_Work task_
Retype word for word the lines of the data below, from the first to the one bearing "offset-rewritten i = word32-copy_ne", with that one included.

(Records to use)

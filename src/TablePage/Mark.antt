-- ===== src/TablePage/Mark.antt =====
-- A write of one size word of storage/access/table_page.go that keeps the size and changes the mark.
use samehada_db.Base.{
  ℕ, ◌+◌, ◌*◌, ◌%◌, ◌≤◌, ◌<◌, ◌==◌, if◌then◌else◌, returns, ◌≡◌, arith, get_or, ◌≢◌, ◌⊎◌, inl, inr,
  ap, ◌∙◌, Bool-cases, ==_refl,
}
use samehada_db.Bytes.{le32, u32}
use samehada_db.Bytes.Slices.{length-copy_at, get_or-copy_at}
use samehada_db.Bytes.Words.{word32-copy_self, word32-copy_ne}
use samehada_db.Page.{Page, delete_mask, set_tuple_size}
use samehada_db.Page.Slots.{
  fsp_of, count_of, offset_of, size_of, IsPage, patch, set_tuple_size-patch,
}
use samehada_db.TablePage.View.{
  Slot, stored, slot_of, tuple_bytes, plain_size, IsUsed, IsSound, SameBody, tuple_bytes-eq,
  stored-eq,
}
use samehada_db.TablePage.Logging.{count-SameBody, size-SameBody, offset-SameBody}

pub stored-SameBody : {p q : Page} → SameBody p q → IsSound p → (i : ℕ) → stored q i ≡ stored p i
stored-SameBody {p} {q} same s i = stored-eq p q i (count-SameBody same) (size-SameBody same i) λ u.
    let o = offset-SameBody same i in
    let (low, high) = s.inside i u in
    tuple_bytes-eq p q i s.page same.page (ap (λ k. k % delete_mask) (size-SameBody same i)) high
      (omega arith) λ k h. rw o (same.byte (offset_of p i + k) (omega (arith, s.slots_fit)))

module _ (p : Page) (s : IsSound p) (slot v : ℕ) (h : slot < count_of p) where
  abbrev pub rewritten : Page
  rewritten = patch p (28 + 8 * slot) (le32 v)

  below : 32 + 8 * slot ≤ fsp_of p
  below = omega (arith, s.slots_fit)

  pub count-rewritten : count_of rewritten ≡ count_of p
  count-rewritten = word32-copy_ne (28 + 8 * slot) (le32 v) p.bytes 20 (inl (omega arith))

  pub fsp-rewritten : fsp_of rewritten ≡ fsp_of p
  fsp-rewritten = word32-copy_ne (28 + 8 * slot) (le32 v) p.bytes 16 (inl (omega arith))

  pub offset-rewritten : (i : ℕ) → offset_of rewritten i ≡ offset_of p i
  unfolding le32
  offset-rewritten i = word32-copy_ne (28 + 8 * slot) (le32 v) p.bytes (24 + 8 * i) (ground arith)

  pub size-rewritten_self : size_of rewritten slot ≡ u32 v
  size-rewritten_self =
      word32-copy_self (28 + 8 * slot) v p.bytes (omega (arith, below, s.pointer_fits, s.page))

  pub size-rewritten_ne : (i : ℕ) → i ≢ slot → size_of rewritten i ≡ size_of p i
  unfolding le32
  size-rewritten_ne i ne =
      word32-copy_ne (28 + 8 * slot) (le32 v) p.bytes (28 + 8 * i) (ground arith)

  pub byte-rewritten : (j : ℕ) → fsp_of p ≤ j → get_or rewritten.bytes j 0 ≡ get_or p.bytes j 0
  unfolding le32
  byte-rewritten j k = ground (arith, get_or-copy_at (28 + 8 * slot) (le32 v) p.bytes j, below)

  pub IsPage-rewritten : IsPage rewritten
  IsPage-rewritten = length-copy_at (28 + 8 * slot) (le32 v) p.bytes ∙ s.page

  module _ (used : size_of p slot ≢ 0) (small : v < 4294967296)
      (same : v % delete_mask ≡ plain_size p slot) where
    size_cases :
        (i : ℕ)
        → ((i ≡ slot) × (size_of rewritten i ≡ v))
          ⊎ ((i ≢ slot) × (size_of rewritten i ≡ size_of p i))
    size_cases i = elim (Bool-cases (i == slot)) [
      | inl e ↦
          let e' : i ≡ slot = ground arith in inl (e', rw e' (size-rewritten_self ∙ omega arith))
      | inr e ↦ let ne : i ≢ slot = ground arith in inr (ne, size-rewritten_ne i ne)
    ]

    plain-rewritten : (i : ℕ) → plain_size rewritten i ≡ plain_size p i
    plain-rewritten i = ground (arith, size_cases i)

    IsUsed-rewritten : (i : ℕ) → IsUsed rewritten i → IsUsed p i
    IsUsed-rewritten i u = ground (arith, size_cases i, count-rewritten)

    pub IsSound-rewritten : IsSound rewritten
    IsSound-rewritten = record {
      page = IsPage-rewritten;
      slots_fit = omega (arith, count-rewritten, fsp-rewritten, s.slots_fit);
      pointer_fits = omega (arith, fsp-rewritten, s.pointer_fits);
      words = λ i k. ground (arith, size_cases i, s.words i, count-rewritten);
      nonempty = λ i u. omega (arith, s.nonempty i (IsUsed-rewritten i u), plain-rewritten i);
      inside = λ i u. ground (
        arith,
        s.inside i (IsUsed-rewritten i u),
        fsp-rewritten,
        plain-rewritten i,
        offset-rewritten i,
      );
      apart = λ i j u w ne. ground (
        arith,
        s.apart i j (IsUsed-rewritten i u) (IsUsed-rewritten j w) ne,
        plain-rewritten i,
        offset-rewritten i,
        plain-rewritten j,
        offset-rewritten j,
      );
    }

    tuple_bytes-rewritten : (i : ℕ) → IsUsed p i → tuple_bytes rewritten i ≡ tuple_bytes p i
    tuple_bytes-rewritten i u =
        let (low, high) = s.inside i u in
        let o = offset-rewritten i in
        tuple_bytes-eq p rewritten i s.page IsPage-rewritten (plain-rewritten i) high (omega arith)
          λ k lt. rw o (byte-rewritten (offset_of p i + k) (omega arith))

    pub stored-rewritten_self : stored rewritten slot ≡ slot_of v (tuple_bytes p slot)
    unfolding stored
    stored-rewritten_self =
        ground (arith, size-rewritten_self, count-rewritten, tuple_bytes-rewritten slot (h, used))

    pub stored-rewritten_ne : (i : ℕ) → i ≢ slot → stored rewritten i ≡ stored p i
    stored-rewritten_ne i ne =
        stored-eq p rewritten i count-rewritten (size-rewritten_ne i ne) (tuple_bytes-rewritten i)

-- The write of a size word that keeps the size and changes the mark of a used slot.
module _ (q : Page) (s : IsSound q) (slot v : ℕ) (h : slot < count_of q)
    (change : Slot → Slot) where
  pub reword :
      size_of q slot ≢ 0
      → v < 4294967296
      → v % delete_mask ≡ plain_size q slot
      → slot_of v (tuple_bytes q slot) ≡ change (stored q slot)
      → (q' : Page) × (set_tuple_size q slot v ≡ returns q')
        × IsSound q'
        × ((i : ℕ) → stored q' i ≡ (if i == slot then change (stored q i) else stored q i))
  reword used small same effect = (
    rewritten q s slot v h,
    set_tuple_size-patch q s.page slot (omega (arith, s.slots_fit, s.pointer_fits)) v,
    IsSound-rewritten q s slot v h used small same,
    λ i. elim (Bool-cases (i == slot)) [
      | inl e ↦
          let e' : i ≡ slot = ground arith in
          rw e' (rw ==_refl (stored-rewritten_self q s slot v h used small same ∙ effect))
      | inr e ↦ rw e (stored-rewritten_ne q s slot v h used small same i (ground arith))
    ],
  )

(End Records to use)

_Exercise output_
filename src/TablePage/Mark.antt
-- ===== src/TablePage/Mark.antt =====
-- A write of one size word of storage/access/table_page.go that keeps the size and changes the mark.
use samehada_db.Base.{
  ℕ, ◌+◌, ◌*◌, ◌%◌, ◌≤◌, ◌<◌, ◌==◌, if◌then◌else◌, returns, ◌≡◌, arith, get_or, ◌≢◌, ◌⊎◌, inl, inr,
  ap, ◌∙◌, Bool-cases, ==_refl,
}
use samehada_db.Bytes.{le32, u32}
use samehada_db.Bytes.Slices.{length-copy_at, get_or-copy_at}
use samehada_db.Bytes.Words.{word32-copy_self, word32-copy_ne}
use samehada_db.Page.{Page, delete_mask, set_tuple_size}
use samehada_db.Page.Slots.{
  fsp_of, count_of, offset_of, size_of, IsPage, patch, set_tuple_size-patch,
}
use samehada_db.TablePage.View.{
  Slot, stored, slot_of, tuple_bytes, plain_size, IsUsed, IsSound, SameBody, tuple_bytes-eq,
  stored-eq,
}
use samehada_db.TablePage.Logging.{count-SameBody, size-SameBody, offset-SameBody}

pub stored-SameBody : {p q : Page} → SameBody p q → IsSound p → (i : ℕ) → stored q i ≡ stored p i
stored-SameBody {p} {q} same s i = stored-eq p q i (count-SameBody same) (size-SameBody same i) λ u.
    let o = offset-SameBody same i in
    let (low, high) = s.inside i u in
    tuple_bytes-eq p q i s.page same.page (ap (λ k. k % delete_mask) (size-SameBody same i)) high
      (omega arith) λ k h. rw o (same.byte (offset_of p i + k) (omega (arith, s.slots_fit)))

module _ (p : Page) (s : IsSound p) (slot v : ℕ) (h : slot < count_of p) where
  abbrev pub rewritten : Page
  rewritten = patch p (28 + 8 * slot) (le32 v)

  below : 32 + 8 * slot ≤ fsp_of p
  below = omega (arith, s.slots_fit)

  pub count-rewritten : count_of rewritten ≡ count_of p
  count-rewritten = word32-copy_ne (28 + 8 * slot) (le32 v) p.bytes 20 (inl (omega arith))

  pub fsp-rewritten : fsp_of rewritten ≡ fsp_of p
  fsp-rewritten = word32-copy_ne (28 + 8 * slot) (le32 v) p.bytes 16 (inl (omega arith))

  pub offset-rewritten : (i : ℕ) → offset_of rewritten i ≡ offset_of p i
  unfolding le32
  offset-rewritten i = word32-copy_ne (28 + 8 * slot) (le32 v) p.bytes (24 + 8 * i) (ground arith)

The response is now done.